MATERIAL PROVIDED START

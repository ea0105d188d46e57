-- ===== src/Context/Tests.antt =====
-- A project with two environments, and the theorems applied to it.
use yby_cli.Prelude.Result.{Result, ok, err}
use yby_cli.Prelude.Exec.{Exec}
use yby_cli.Prelude.{
  cat, lookup, inr, inl, refl, Bool-cases, [], false, eq_String, equal_refl, ◌∷◌, ◌==◌, ◌≡◌, ap,
  some, is_none, none, List, if◌then◌else◌, String, Option,
}
use yby_cli.Context.{
  nil_map_assignment, get_current, store_environment, save_manifest, write_values, defined,
  parse_manifest, load_manifest, Written, EnvironmentsManifest, set_current, add_environment,
  Environment, Files,
}
use yby_cli.Context.Laws.{get_current-set_current, IsReliable}
use yby_cli.Context.Adding.{added_environment}

pub data Page : Type 0 where
  document : EnvironmentsManifest → Page
  plain : String → Page

abbrev Disk : Type 0
Disk = String → Option Page

abbrev page : Option Page → Result String Page
page none = err "no file"
page (some p) = ok p

abbrev decode_page : Page → Result String EnvironmentsManifest
decode_page (document m) = ok m
decode_page (plain s) = err "not YAML"

abbrev joined : List String → String
joined [] = ""
joined (part ∷ []) = part
joined (part ∷ other ∷ parts) = joined (other ∷ parts)

abbrev write_page : String → Page → Exec Disk String Written
write_page path p disk = (ok tt, λ q. if path == q then some p else disk q)

abbrev disk_files : Files Disk Page
disk_files = record {
  join = joined;
  not_exist = λ path disk. is_none (disk path);
  read_file = λ path disk. page (disk path);
  write_file = write_page;
  getenv = λ name disk. "";
  unmarshal = decode_page;
  marshal = λ m. ok (document m);
  bytes = λ s. plain s;
}

written_page : (path : String) (p : Page) (disk : Disk) → (write_page path p disk).1 path ≡ some p
written_page path p disk = ap (λ b. if b then some p else disk path) (equal_refl path)

kept_page :
    (path other : String) (p : Page) (disk : Disk)
    → is_none (disk other) ≡ false
    → is_none ((write_page path p disk).1 other) ≡ false
kept_page path other p disk there = elim (Bool-cases (path == other)) [
  | inl h ↦ rw h refl
  | inr h ↦ rw h there
]

decoded_page :
    (m : EnvironmentsManifest) (p : Page) → disk_files.marshal m ≡ ok p → decode_page p ≡ ok m
decoded_page m p h = let same : p ≡ document m = cc in ap decode_page same

disk-IsReliable : IsReliable disk_files "shop"
disk-IsReliable = record {
  read-write = λ path b w d h. ap page (written_page path b w);
  exists-write = λ path b w d h. ap is_none (written_page path b w);
  keeps-write = λ path other b w there. kept_page path other b w there;
  getenv-write = λ path name b w. refl;
  unmarshal-marshal = λ m b h. (m, decoded_page m b h, refl, λ name. refl);
}

abbrev local : Environment
local = record {
  type = "local";
  description = "laptop";
  values = "config/values-local.yaml";
  url = "";
  kube_config = "";
  kube_context = "k3d";
  namespace = "default";
  cloud = none;
}

abbrev prod : Environment
prod = record local { type = "remote"; description = "cluster"; values = "config/values-prod.yaml" }

abbrev two_environments : EnvironmentsManifest
two_environments = record {
  current = "local";
  environments = some (("local", local) ∷ ("prod", prod) ∷ []);
}

abbrev shop : Disk
shop path = if path == "environments.yaml" then some (document two_environments) else none

get_current-set_current_example :
    (manifest : EnvironmentsManifest) × (found : Environment) × (load_manifest disk_files "shop"
        shop
      ≡ ok manifest)
    × (defined "prod" manifest.environments ≡ some found)
    × (get_current disk_files "shop" (set_current disk_files "shop" "prod" shop).1
        ≡ ok ("prod", found))
unfolding set_current load_manifest parse_manifest defined save_manifest lookup
get_current-set_current_example =
    get_current-set_current disk_files "shop" "prod" shop disk-IsReliable refl

added_environment_example :
    let u = (add_environment disk_files "shop" "qa" local "" shop).1 in
    let values_file = cat ("config/values-" ∷ "qa" ∷ ".yaml" ∷ []) in
    let added = record local { values = values_file } in
    (manifest : EnvironmentsManifest) × (back : EnvironmentsManifest) × (load_manifest disk_files
        "shop" shop
      ≡ ok manifest)
    × (load_manifest disk_files "shop" u ≡ ok back)
    × (defined "qa" manifest.environments ≡ none)
    × ((other : String)
        → defined other back.environments
          ≡ (if "qa" == other then some added else defined other manifest.environments))
    × (back.current ≡ manifest.current)
    × (disk_files.not_exist (disk_files.join ("shop" ∷ values_file ∷ [])) u ≡ false)
unfolding add_environment load_manifest parse_manifest defined save_manifest lookup write_values
    store_environment cat
added_environment_example =
    added_environment disk_files "shop" "qa" local "" shop disk-IsReliable refl

-- A manifest with no entry under `environments`: the new environment is assigned to a nil map, after
-- its file of values has been written.
abbrev bare : Disk
bare path =
    if path == "environments.yaml"
    then some (document (record { current = ""; environments = none }))
    else none

bare_panics : (add_environment disk_files "shop" "qa" local "" bare).0 ≡ some nil_map_assignment
unfolding add_environment load_manifest parse_manifest defined write_values store_environment cat
bare_panics = refl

MATERIAL PROVIDED END

- **WHAT NEEDS TO BE DONE**: Wherever the line holding "h ↦ rw h there" falls in the entries above, copy exactly from it through the line holding "read-write = λ", inclusive, and add nothing.

- **EXERCISE OUTPUT**:
  | inr h ↦ rw h there
]

decoded_page :
    (m : EnvironmentsManifest) (p : Page) → disk_files.marshal m ≡ ok p → decode_page p ≡ ok m
decoded_page m p h = let same : p ≡ document m = cc in ap decode_page same

disk-IsReliable : IsReliable disk_files "shop"
disk-IsReliable = record {
  read-write = λ path b w d h. ap page (written_page path b w);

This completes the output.